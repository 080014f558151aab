-- ===== src/Config/Options.antt =====
-- What the modules take from the environment: src/database/config/typeorm.config.ts and
-- database.module.ts, src/modules/kafka/kafka.module.ts, src/modules/redis/redis.module.ts,
-- src/modules/auth/auth.module.ts with the secret of its strategy, the throttler and the routes of
-- the middleware in src/app.module.ts, and src/main.ts. `ConfigService` gives the validated value
-- of a variable, and the text of the environment for one that the schema does not name. `parse_int`
-- is `parseInt` on a text.
use multi_tenant_saas_gatewa.Common.{
  String, Bool, true, false, ◌||◌, ◌&&◌, some, List, [], ◌∷◌, map, ◌==◌, leb, if◌then◌else◌, get_or,
  truthy,
}
use multi_tenant_saas_gatewa.Auth.{TokenConfig}
use multi_tenant_saas_gatewa.Config.{
  Joi, Env, NodeEnv, development, production, test, EnvironmentVariables,
}
use Prim.Native.Char.{code, Char}

abbrev pub is_development : NodeEnv → Bool
is_development development = true
is_development production = false
is_development test = false

-- The entities, by their classes.
pub data Class : Type 0 where
  tenant user role permission api_key audit_log webhook password_reset_token : Class

pub record DataSourceOptions (N : Type 0) : Type 0 where
  pub host : String
  pub port : N
  pub username : String
  pub password : String
  pub database : String
  -- `{ rejectUnauthorized: false }` where the connection is encrypted.
  pub ssl : Bool
  pub entities : List Class
  pub migrations : List String
  pub synchronize : Bool
  pub logging : Bool

abbrev all_entities : List Class
all_entities =
    tenant ∷ user ∷ role ∷ permission ∷ api_key ∷ audit_log ∷ webhook ∷ password_reset_token ∷ []

abbrev migration_files : List String
migration_files = "src/database/migrations/*.ts" ∷ []

module _ {J : Joi} (v : EnvironmentVariables J) where
  unfoldable pub get_type_orm_config : DataSourceOptions J.Number
  get_type_orm_config = record {
    host = v.database_host;
    port = v.database_port;
    username = v.database_user;
    password = v.database_password;
    database = v.database_name;
    ssl = v.database_ssl;
    entities = all_entities;
    migrations = migration_files;
    synchronize = is_development v.node_env;
    logging = is_development v.node_env;
  }

  -- The factory of `DatabaseModule`, which the gateway runs with.
  unfoldable pub database_module : DataSourceOptions J.Number
  database_module = record {
    host = v.database_host;
    port = v.database_port;
    username = v.database_user;
    password = v.database_password;
    database = v.database_name;
    ssl = v.database_ssl;
    entities = tenant ∷ user ∷ role ∷ permission ∷ api_key ∷ audit_log ∷ [];
    migrations = migration_files;
    synchronize = is_development v.node_env;
    logging = is_development v.node_env;
  }

  -- What `TokenGeneratorService` reads.
  unfoldable pub token_config : TokenConfig
  token_config = record {
    jwt_expiration = some v.jwt_expiration;
    refresh_expiration = some v.jwt_refresh_expiration;
    jwt_secret = some v.jwt_secret;
    refresh_secret = some v.jwt_refresh_secret;
  }

  -- The secret of `JwtStrategy`: `configService.get('JWT_SECRET') || ''`.
  unfoldable pub strategy_secret : String
  strategy_secret = get_or (truthy (some v.jwt_secret)) ""

-- `dataSource`, with which the migrations run: it reads the environment itself.
unfoldable pub data_source : {N : Type 0} → (String → N) → Env → DataSourceOptions N
data_source parse_int env = record {
  host = get_or (truthy (env "DATABASE_HOST")) "localhost";
  port = parse_int (get_or (truthy (env "DATABASE_PORT")) "5432");
  username = get_or (truthy (env "DATABASE_USER")) "gateway_user";
  password = get_or (truthy (env "DATABASE_PASSWORD")) "gateway_password";
  database = get_or (truthy (env "DATABASE_NAME")) "saas_gateway_db";
  ssl = get_or (env "DATABASE_SSL") "" == "true";
  entities = all_entities;
  migrations = migration_files;
  synchronize = false;
  logging = false;
}

pub record JwtModuleOptions : Type 0 where
  pub secret : String
  pub expires_in : String

pub record KafkaOptions : Type 0 where
  pub brokers : List String
  pub client_id : String
  pub group_id : String

pub record ThrottlerOptions (N : Type 0) : Type 0 where
  pub ttl : N
  pub limit : N

module _ {J : Joi} (v : EnvironmentVariables J) where
  abbrev pub jwt_module : JwtModuleOptions
  jwt_module = record { secret = v.jwt_secret; expires_in = v.jwt_expiration }

  abbrev pub kafka_module : KafkaOptions
  kafka_module = record {
    brokers = get_or (truthy (some v.kafka_brokers)) "localhost:9092" ∷ [];
    client_id = "saas-gateway";
    group_id = "saas-gateway-group";
  }

  abbrev pub throttler_module : ThrottlerOptions J.Number
  throttler_module = record { ttl = v.rate_limit_window; limit = v.rate_limit_max_requests }

-- The controllers' paths that `TenantMiddleware` runs for.
abbrev pub tenant_routes : List String
tenant_routes =
    "users" ∷ "tenants" ∷ "api-keys" ∷ "auth" ∷ "rbac" ∷ "audit-logs" ∷ "webhooks" ∷ "profile" ∷ []

-- White space and the ends of lines, as `trim` knows them.
abbrev pub is_space : Char → Bool
is_space c =
    let n = code c in
    leb 9 n && leb n 13
    || leb 32 n && leb n 32
    || leb 160 n && leb n 160
    || leb 5760 n && leb n 5760
    || leb 8192 n && leb n 8202
    || leb 8232 n && leb n 8233
    || leb 8239 n && leb n 8239
    || leb 8287 n && leb n 8287
    || leb 12288 n && leb n 12288
    || leb 65279 n && leb n 65279

-- `trim`, from the front and from the end.
unfoldable pub trim_start : String → String
trim_start String.[] = ""
trim_start (String.◌∷◌ c s) = let rest = trim_start s in if is_space c then rest else String.◌∷◌ c s

unfoldable pub trim_end : String → String
trim_end String.[] = ""
trim_end (String.◌∷◌ c s) =
    let rest = trim_end s in if is_space c && rest == "" then "" else String.◌∷◌ c rest

abbrev pub is_comma : Char → Bool
is_comma c = leb b',' (code c) && leb (code c) b','

abbrev pub on_first : Char → List String → List String
on_first c [] = String.◌∷◌ c "" ∷ []
on_first c (part ∷ parts) = String.◌∷◌ c part ∷ parts

-- `split(',')`
unfoldable pub split_commas : String → List String
split_commas String.[] = "" ∷ []
split_commas (String.◌∷◌ c s) =
    let rest = split_commas s in if is_comma c then "" ∷ rest else on_first c rest

-- The origins that `bootstrap` allows, and the port that it listens at.
unfoldable pub cors_origins : Env → List String
unfolding trim_start trim_end split_commas
cors_origins env =
    map (λ o. trim_end (trim_start o))
      (split_commas (get_or (env "CORS_ORIGINS") "http://localhost:3000"))

abbrev pub listen_port : Env → String
listen_port env = get_or (env "PORT") "3000"
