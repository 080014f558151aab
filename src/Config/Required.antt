-- ===== src/Config/Required.antt =====
-- What an accepted environment has been tested for.
use multi_tenant_saas_gatewa.Common.{
  String, ◌≡◌, ◌≢◌, refl, subst, ap, ◌∙◌, false, some, arith, inl, inr, Bool-cases, Option-cases,
}
use multi_tenant_saas_gatewa.Config.{
  Joi, IsLawfulJoi, Checked, refused, accepted, ◌>>=◌, Env, development, node_env_of, value_or,
  text, boolean_or, EnvironmentVariables, validate,
}

-- Whatever is accepted has the property.
record Holds {A : Type 0} (P : A → Type 0) (m : Checked A) : Type 0 where
  apply : (a : A) → m ≡ accepted a → P a

accepted_injective : {A : Type 0} (a b : A) → accepted a ≡ accepted b → a ≡ b
accepted_injective a b e = cc

Holds-bind :
    {A B : Type 0} {P : B → Type 0} (m : Checked A) (f : A → Checked B)
    → ((a : A) → m ≡ accepted a → Holds P (f a))
    → Holds P (m >>= f)
unfolding ◌>>=◌
Holds-bind (refused key) f h = record { apply = λ b e. absurd (ground (arith, e)) }
Holds-bind (accepted a) f h = h a refl

-- The variables that the other parts read, as they were tested.
pub record Tested (J : Joi) (env : Env) (v : EnvironmentVariables J) : Type 0 where
  pub node_env : value_or node_env_of env "NODE_ENV" development ≡ accepted v.node_env
  pub database_host : text J env "DATABASE_HOST" ≡ accepted v.database_host
  pub database_user : text J env "DATABASE_USER" ≡ accepted v.database_user
  pub database_password : text J env "DATABASE_PASSWORD" ≡ accepted v.database_password
  pub database_name : text J env "DATABASE_NAME" ≡ accepted v.database_name
  pub database_ssl : boolean_or J env "DATABASE_SSL" false ≡ accepted v.database_ssl
  pub jwt_secret : text J env "JWT_SECRET" ≡ accepted v.jwt_secret
  pub jwt_refresh_secret : text J env "JWT_REFRESH_SECRET" ≡ accepted v.jwt_refresh_secret

validate-Holds : (J : Joi) (env : Env) → Holds (Tested J env) (validate J env)
unfolding validate
validate-Holds J env = Holds-bind _ _ λ node_env is_node_env. Holds-bind _ _ λ port _.
    Holds-bind _ _ λ log_level _. Holds-bind _ _ λ database_host is_database_host.
      Holds-bind _ _ λ database_port _. Holds-bind _ _ λ database_user is_database_user.
        Holds-bind _ _ λ database_password is_database_password.
          Holds-bind _ _ λ database_name is_database_name.
            Holds-bind _ _ λ database_ssl is_database_ssl. Holds-bind _ _ λ database_url _.
              Holds-bind _ _ λ redis_host _. Holds-bind _ _ λ redis_port _.
                Holds-bind _ _ λ redis_password _. Holds-bind _ _ λ redis_db _.
                  Holds-bind _ _ λ redis_url _. Holds-bind _ _ λ jwt_secret is_jwt_secret.
                    Holds-bind _ _ λ jwt_expiration _.
                      Holds-bind _ _ λ jwt_refresh_secret is_jwt_refresh_secret.
                        Holds-bind _ _ λ jwt_refresh_expiration _. Holds-bind _ _ λ kafka_brokers _.
                          Holds-bind _ _ λ kafka_group_id _. Holds-bind _ _ λ kafka_client_id _.
                            Holds-bind _ _ λ rate_limit_window _.
                              Holds-bind _ _ λ rate_limit_max_requests _.
                                Holds-bind _ _ λ prometheus_enabled _.
                                  Holds-bind _ _ λ prometheus_port _.
                                    Holds-bind _ _ λ cors_origins _. Holds-bind _ _ λ aws_region _.
                                      Holds-bind _ _ λ aws_access_key_id _.
                                        Holds-bind _ _ λ aws_secret_access_key _. record {
                                          apply = λ v e.
                                              subst (Tested J env) (accepted_injective _ v e)
                                                (record {
                                                  node_env = is_node_env;
                                                  database_host = is_database_host;
                                                  database_user = is_database_user;
                                                  database_password = is_database_password;
                                                  database_name = is_database_name;
                                                  database_ssl = is_database_ssl;
                                                  jwt_secret = is_jwt_secret;
                                                  jwt_refresh_secret = is_jwt_refresh_secret;
                                                });
                                        }

pub validate-Tested :
    (J : Joi) (env : Env) (v : EnvironmentVariables J)
    → validate J env ≡ accepted v
    → Tested J env v
validate-Tested J env = (validate-Holds J env).apply

-- The variable is set to this text, which is not empty.
pub record Provided (env : Env) (key s : String) : Type 0 where
  pub is_set : env key ≡ some s
  pub not_empty : s ≢ ""

module _ (J : Joi) (law : IsLawfulJoi J) (env : Env) where
  text-Provided : (key s : String) → text J env key ≡ accepted s → Provided env key s
  text-Provided key s h = elim (Option-cases (env key)) [
    | inl missing ↦ absurd (ground (arith, h, missing))
    | inr (t, found) ↦ elim (Bool-cases (J.string t)) [
      | inr empty ↦ absurd (ground (arith, h, found, empty))
      | inl fine ↦
          let same : t ≡ s = ground (arith, h, found, fine) in
          record {
            is_set = found ∙ ap (λ x. some x) same;
            not_empty = λ e. ground (arith, fine, law.string_empty, ap J.string (same ∙ e));
          }
    ]
  ]

  -- An environment is accepted only where the host, the user, the password and the name of the database
  -- and both secrets are set to texts that are not empty, and these are the values.
  pub validate_required :
      (v : EnvironmentVariables J)
      → validate J env ≡ accepted v
      → Provided env "DATABASE_HOST" v.database_host
        × Provided env "DATABASE_USER" v.database_user
        × Provided env "DATABASE_PASSWORD" v.database_password
        × Provided env "DATABASE_NAME" v.database_name
        × Provided env "JWT_SECRET" v.jwt_secret
        × Provided env "JWT_REFRESH_SECRET" v.jwt_refresh_secret
  validate_required v h =
      let tested = validate-Tested J env v h in
      (
        text-Provided "DATABASE_HOST" v.database_host tested.database_host,
        text-Provided "DATABASE_USER" v.database_user tested.database_user,
        text-Provided "DATABASE_PASSWORD" v.database_password tested.database_password,
        text-Provided "DATABASE_NAME" v.database_name tested.database_name,
        text-Provided "JWT_SECRET" v.jwt_secret tested.jwt_secret,
        text-Provided "JWT_REFRESH_SECRET" v.jwt_refresh_secret tested.jwt_refresh_secret,
      )
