-- ===== src/Http/Filter.antt =====
-- src/common/filters/all-exceptions.filter.ts: the answer to what a handler throws.
use multi_tenant_saas_gatewa.Common.{
  ℕ, String, Option, none, some, List, [], ◌∷◌, ◌==◌, if◌then◌else◌, get_or, truthy, leb, ◌&&◌,
}
use multi_tenant_saas_gatewa.Common.Outcome.{
  Exception, http, query_failed, entity_not_found, error, Body, plain, object, text, many, Result,
  ok, throw,
}
use multi_tenant_saas_gatewa.Http.Request.{Request}

pub data Details : Type 0 where
  absent : Details
  given : String → Details
  messages : List String → Details

pub record ErrorResponse : Type 0 where
  pub status_code : ℕ
  pub code : String
  pub message : String
  pub details : Details
  pub path : String
  pub timestamp : ℕ
  pub request_id : Option String

-- The table of `statusToCode`.
abbrev pub status_codes : List (ℕ × String)
status_codes =
    (400, "BAD_REQUEST")
    ∷ (401, "UNAUTHORIZED")
    ∷ (403, "FORBIDDEN")
    ∷ (404, "NOT_FOUND")
    ∷ (405, "METHOD_NOT_ALLOWED")
    ∷ (409, "CONFLICT")
    ∷ (422, "UNPROCESSABLE_ENTITY")
    ∷ (429, "TOO_MANY_REQUESTS")
    ∷ (500, "INTERNAL_SERVER_ERROR")
    ∷ (503, "SERVICE_UNAVAILABLE")
    ∷ []

unfoldable pub entry_of : ℕ → List (ℕ × String) → Option String
entry_of status [] = none
entry_of status (e ∷ es) =
    let rest = entry_of status es in if leb e.0 status && leb status e.0 then some e.1 else rest

unfoldable pub status_to_code : ℕ → String
unfolding entry_of
status_to_code status = get_or (entry_of status status_codes) "HTTP_ERROR"

-- The part of an answer that does not come from the request.
pub record Answer : Type 0 where
  pub status_code : ℕ
  pub code : String
  pub message : String
  pub details : Details

abbrev pub given_details : Option String → Details
given_details none = absent
given_details (some json) = given json

-- The branch for an `HttpException` with the given status, `getResponse()` and message.
unfoldable pub answer_http : ℕ → Body → String → Answer
unfolding status_to_code
answer_http status (plain s) message = record {
  status_code = status;
  code = status_to_code status;
  message = s;
  details = absent;
}
answer_http status (object code (some (many texts)) details) message = record {
  status_code = status;
  code = "VALIDATION_ERROR";
  message = "Request validation failed";
  details = messages texts;
}
answer_http status (object code (some (text s)) details) message = record {
  status_code = status;
  code = get_or (truthy code) (status_to_code status);
  message = get_or (truthy (some s)) message;
  details = given_details details;
}
answer_http status (object code none details) message = record {
  status_code = status;
  code = get_or (truthy code) (status_to_code status);
  message = message;
  details = given_details details;
}

abbrev pub internal_error : Answer
internal_error = record {
  status_code = 500;
  code = "INTERNAL_SERVER_ERROR";
  message = "An unexpected error occurred. Please try again later.";
  details = absent;
}

abbrev pub duplicate_entry : Answer
duplicate_entry = record {
  status_code = 409;
  code = "DUPLICATE_ENTRY";
  message = "A record with the same unique value already exists";
  details = absent;
}

abbrev pub foreign_key_violation : Answer
foreign_key_violation = record {
  status_code = 400;
  code = "FOREIGN_KEY_VIOLATION";
  message = "Referenced resource does not exist";
  details = absent;
}

-- The branch for a `QueryFailedError` with the code of PostgreSQL.
unfoldable pub answer_query_failed : Option String → Answer
answer_query_failed none = internal_error
answer_query_failed (some code) =
    if code == "23505"
    then duplicate_entry
    else if code == "23503"
    then foreign_key_violation
    else internal_error

unfoldable pub answer : Exception → Answer
unfolding answer_http answer_query_failed
answer (http status body message) = answer_http status body message
answer (query_failed code) = answer_query_failed code
answer entity_not_found = record {
  status_code = 404;
  code = "ENTITY_NOT_FOUND";
  message = "Requested resource not found";
  details = absent;
}
answer (error message) = internal_error

-- `buildErrorResponse`.
unfoldable pub build_error_response : Exception → Request → ℕ → ErrorResponse
unfolding answer
build_error_response exception q timestamp =
    let a = answer exception in
    record {
      status_code = a.status_code;
      code = a.code;
      message = a.message;
      details = a.details;
      path = q.url;
      timestamp = timestamp;
      request_id = truthy q.x_request_id;
    }

-- What the client gets: `catch` sends the response of a handler that throws.
pub data Response (A : Type 0) : Type 0 where
  answered : A → Response A
  failed : ErrorResponse → Response A

unfoldable pub respond : {A : Type 0} → Request → ℕ → Result A → Response A
respond q timestamp (ok a) = answered a
respond q timestamp (throw e) = failed (build_error_response e q timestamp)
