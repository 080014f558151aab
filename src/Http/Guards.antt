-- ===== src/Http/Guards.antt =====
-- Who a request comes from: src/modules/auth/strategies/jwt.strategy.ts with the guard of Passport,
-- src/modules/api-keys/strategies/api-key.strategy.ts, src/common/decorators/current-user.decorator.ts
-- and the pipe of Nest for ids. `is_uuid` is the test of `ParseUUIDPipe`.
use multi_tenant_saas_gatewa.Common.{
  ℕ, String, ◌≡◌, refl, ap, ◌∙◌, inl, inr, Bool, true, Option, none, some, List, get_or, truthy,
  arith, if◌then◌else◌,
}
use multi_tenant_saas_gatewa.Common.Outcome.{Result, ok, throw, M, unauthorized, bad_request}
use multi_tenant_saas_gatewa.Database.{Entity, Repository}
use multi_tenant_saas_gatewa.Database.Laws.{Result-cases}
use multi_tenant_saas_gatewa.Entities.{User}
use multi_tenant_saas_gatewa.Auth.{
  AuthenticatedUser, JwtPayload, Jwt, TokenConfig, TokenResponseDto, generate, required, sign_with,
}
use multi_tenant_saas_gatewa.ApiKeys.{ApiKey, Config, validate_api_key}
use multi_tenant_saas_gatewa.Http.Request.{Request}

-- `JwtStrategy.validate`.
abbrev pub validate_payload : JwtPayload → AuthenticatedUser
validate_payload p = record { user_id = p.sub; email = p.email; tenant_id = p.tenant_id }

-- `JwtGuard`: Passport's `jwt` strategy with the configured secret.
unfoldable pub jwt_guard : Jwt → String → Request → Result AuthenticatedUser
jwt_guard jwt secret q = elim q.bearer_token [
  | none ↦ throw (unauthorized "Unauthorized")
  | some token ↦ elim (jwt.verify token secret) [
    | ok p ↦ ok (validate_payload p)
    | throw _ ↦ throw (unauthorized "Unauthorized")
  ]
]

-- `@CurrentUser()`.
unfoldable pub current_user : Option AuthenticatedUser → Result AuthenticatedUser
current_user (some u) = ok u
current_user none = throw (unauthorized "User not found in request. Make sure JwtGuard is applied.")

unfoldable pub parse_uuid : (String → Bool) → String → Result String
parse_uuid is_uuid id =
    if is_uuid id then ok id else throw (bad_request "Validation failed (uuid is expected)")

-- What the API key strategy attaches to the request.
pub record ApiKeyUser : Type 0 where
  pub user_id : String
  pub tenant_id : String
  pub api_key_id : String
  pub scopes : List String
  pub is_api_key_auth : Bool

abbrev pub user_of_key : Entity ApiKey → ApiKeyUser
user_of_key k = record {
  user_id = k.id;
  tenant_id = k.own.tenant_id;
  api_key_id = k.id;
  scopes = k.own.scopes;
  is_api_key_auth = true;
}

module _ (hmac : String → String → String) (R : Repository ApiKey) (cfg : Config) where
  abbrev pub accept_key : Result (Option (Entity ApiKey)) × R.Table → Result ApiKeyUser × R.Table
  accept_key (throw e, t) = (throw e, t)
  accept_key (ok none, t) = (throw (unauthorized "Invalid API key or secret"), t)
  accept_key (ok (some k), t) = (ok (user_of_key k), t)

  -- `ApiKeyStrategy.validate`; the readings of the clock are those of `validateApiKey`.
  unfoldable pub api_key_strategy : Request → ℕ → ℕ → ℕ → M R.Table ApiKeyUser
  api_key_strategy q expiry_now asked now t = elim (truthy q.x_api_key) [
    | none ↦ (throw (unauthorized "Missing X-API-Key or X-API-Secret header"), t)
    | some key ↦ elim (truthy q.x_api_secret) [
      | none ↦ (throw (unauthorized "Missing X-API-Key or X-API-Secret header"), t)
      | some secret ↦ accept_key (validate_api_key hmac R cfg key secret expiry_now asked now t)
    ]
  ]

-- `verify` accepts what `sign` has signed with the same secret, until the token expires.
pub record IsLawfulJwt (jwt : Jwt) : Type 0 where
  pub verify-sign :
      (p : JwtPayload) (secret expires_in token : String)
      → jwt.sign p secret expires_in ≡ ok token
      → jwt.verify token secret ≡ ok p

-- The access token that a login, a registration or a refresh answers with lets its bearer in as the
-- user that it was made for, with the tenant of that user.
pub generate-jwt_guard :
    (jwt : Jwt) (law : IsLawfulJwt jwt) (cfg : TokenConfig) (secret : String) (u : Entity User)
    (r : TokenResponseDto) (q : Request)
    → truthy cfg.jwt_secret ≡ some secret
    → generate jwt cfg u ≡ ok r
    → q.bearer_token ≡ some r.access_token
    → jwt_guard jwt secret q
      ≡ ok (record { user_id = u.id; email = u.own.email; tenant_id = u.own.tenant_id })
unfolding generate required jwt_guard
generate-jwt_guard jwt law cfg secret u r q configured made carried =
    elim (Result-cases (jwt.sign claims secret expiration)) [
      | inl (e, refused) ↦ absurd (ground (arith, made, configured))
      | inr (token, signed) ↦
          elim (Result-cases (
            sign_with jwt claims (required "JWT_REFRESH_SECRET" cfg.refresh_secret)
              (get_or cfg.refresh_expiration "7d"))) [
                | inl (e, refused) ↦ absurd (ground (arith, made, configured, signed, refused))
                | inr (other, refreshed) ↦
                    let same : r.access_token ≡ token =
                      ground (arith, made, configured, signed, refreshed) in
                    rw
                      (
                        carried ∙ ap some same,
                        jwt_guard,
                        law.verify-sign claims secret expiration token signed,
                      )
                      refl
              ]
    ]
  where
    claims : JwtPayload
    claims = record { sub = u.id; email = u.own.email; tenant_id = u.own.tenant_id }

    expiration : String
    expiration = get_or cfg.jwt_expiration "24h"
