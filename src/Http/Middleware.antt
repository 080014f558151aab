-- ===== src/Http/Middleware.antt =====
-- src/middleware/tenant.middleware.ts, src/modules/redis/custom-throttler.guard.ts, and what
-- src/common/interceptors/logging.interceptor.ts does to a request.
use multi_tenant_saas_gatewa.Common.{
  String, Bool, Option, none, some, List, [], ◌∷◌, if◌then◌else◌, leb, ◌&&◌, get_or, truthy, concat,
}
use multi_tenant_saas_gatewa.Common.Outcome.{Result, ok, throw, bad_request, Exception}
use multi_tenant_saas_gatewa.Http.Request.{Request}
use Prim.Native.Char.{code, Char}

abbrev pub is_dot : Char → Bool
is_dot c = leb b'.' (code c) && leb (code c) b'.'

-- A character put in front of the first part.
abbrev pub on_first : Char → List String → List String
on_first c [] = String.◌∷◌ c "" ∷ []
on_first c (part ∷ parts) = String.◌∷◌ c part ∷ parts

-- `host.split('.')`
unfoldable pub split_dots : String → List String
split_dots String.[] = "" ∷ []
split_dots (String.◌∷◌ c s) =
    let rest = split_dots s in if is_dot c then "" ∷ rest else on_first c rest

-- `parts.length >= 3 ? parts[0] : undefined`
abbrev pub first_of_three : List String → Option String
first_of_three (a ∷ b ∷ c ∷ rest) = some a
first_of_three _ = none

unfoldable pub extract_subdomain : Request → Option String
unfolding split_dots
extract_subdomain q = first_of_three (split_dots (get_or q.host ""))

abbrev pub tenant_required : Exception
tenant_required =
    bad_request "Tenant ID is required. Provide X-Tenant-ID header or use tenant subdomain."

abbrev pub or_else : Option String → Option String → Option String
or_else none y = y
or_else (some x) y = some x

-- `TenantMiddleware.use`: the tenant that is attached to the request.
unfoldable pub resolve_tenant : Request → Result String
unfolding extract_subdomain
resolve_tenant q = elim (truthy (or_else (truthy q.x_tenant_id) (extract_subdomain q))) [
  | none ↦ throw tenant_required
  | some tenant_id ↦ ok tenant_id
]

-- `getTracker`, with the fields that it reads: `tenantId`, `user.id` and `ip`.
unfoldable pub get_tracker : Option String → Option String → String → String
get_tracker tenant_id user_id ip =
    concat (get_or (truthy tenant_id) "anonymous" ∷ ":" ∷ get_or (truthy user_id) ip ∷ [])

-- The id that `LoggingInterceptor.intercept` takes, where `uuid` is a new one.
abbrev pub request_id : Request → String → String
request_id q uuid = get_or (truthy q.x_request_id) uuid

-- The header that it sets.
abbrev pub with_request_id : Request → String → Request
with_request_id q uuid = record q { x_request_id = some (request_id q uuid) }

========================

If a line in the data above holds the string "elim", copy it.

Answer space |
  text-Provided key s h = elim (Option-cases (env key)) [
    | inr (t, found) ↦ elim (Bool-cases (J.string t)) [
jwt_guard jwt secret q = elim q.bearer_token [
  | some token ↦ elim (jwt.verify token secret) [
  api_key_strategy q expiry_now asked now t = elim (truthy q.x_api_key) [
    | some key ↦ elim (truthy q.x_api_secret) [
    elim (Result-cases (jwt.sign claims secret expiration)) [
          elim (Result-cases (
resolve_tenant q = elim (truthy (or_else (truthy q.x_tenant_id) (extract_subdomain q))) [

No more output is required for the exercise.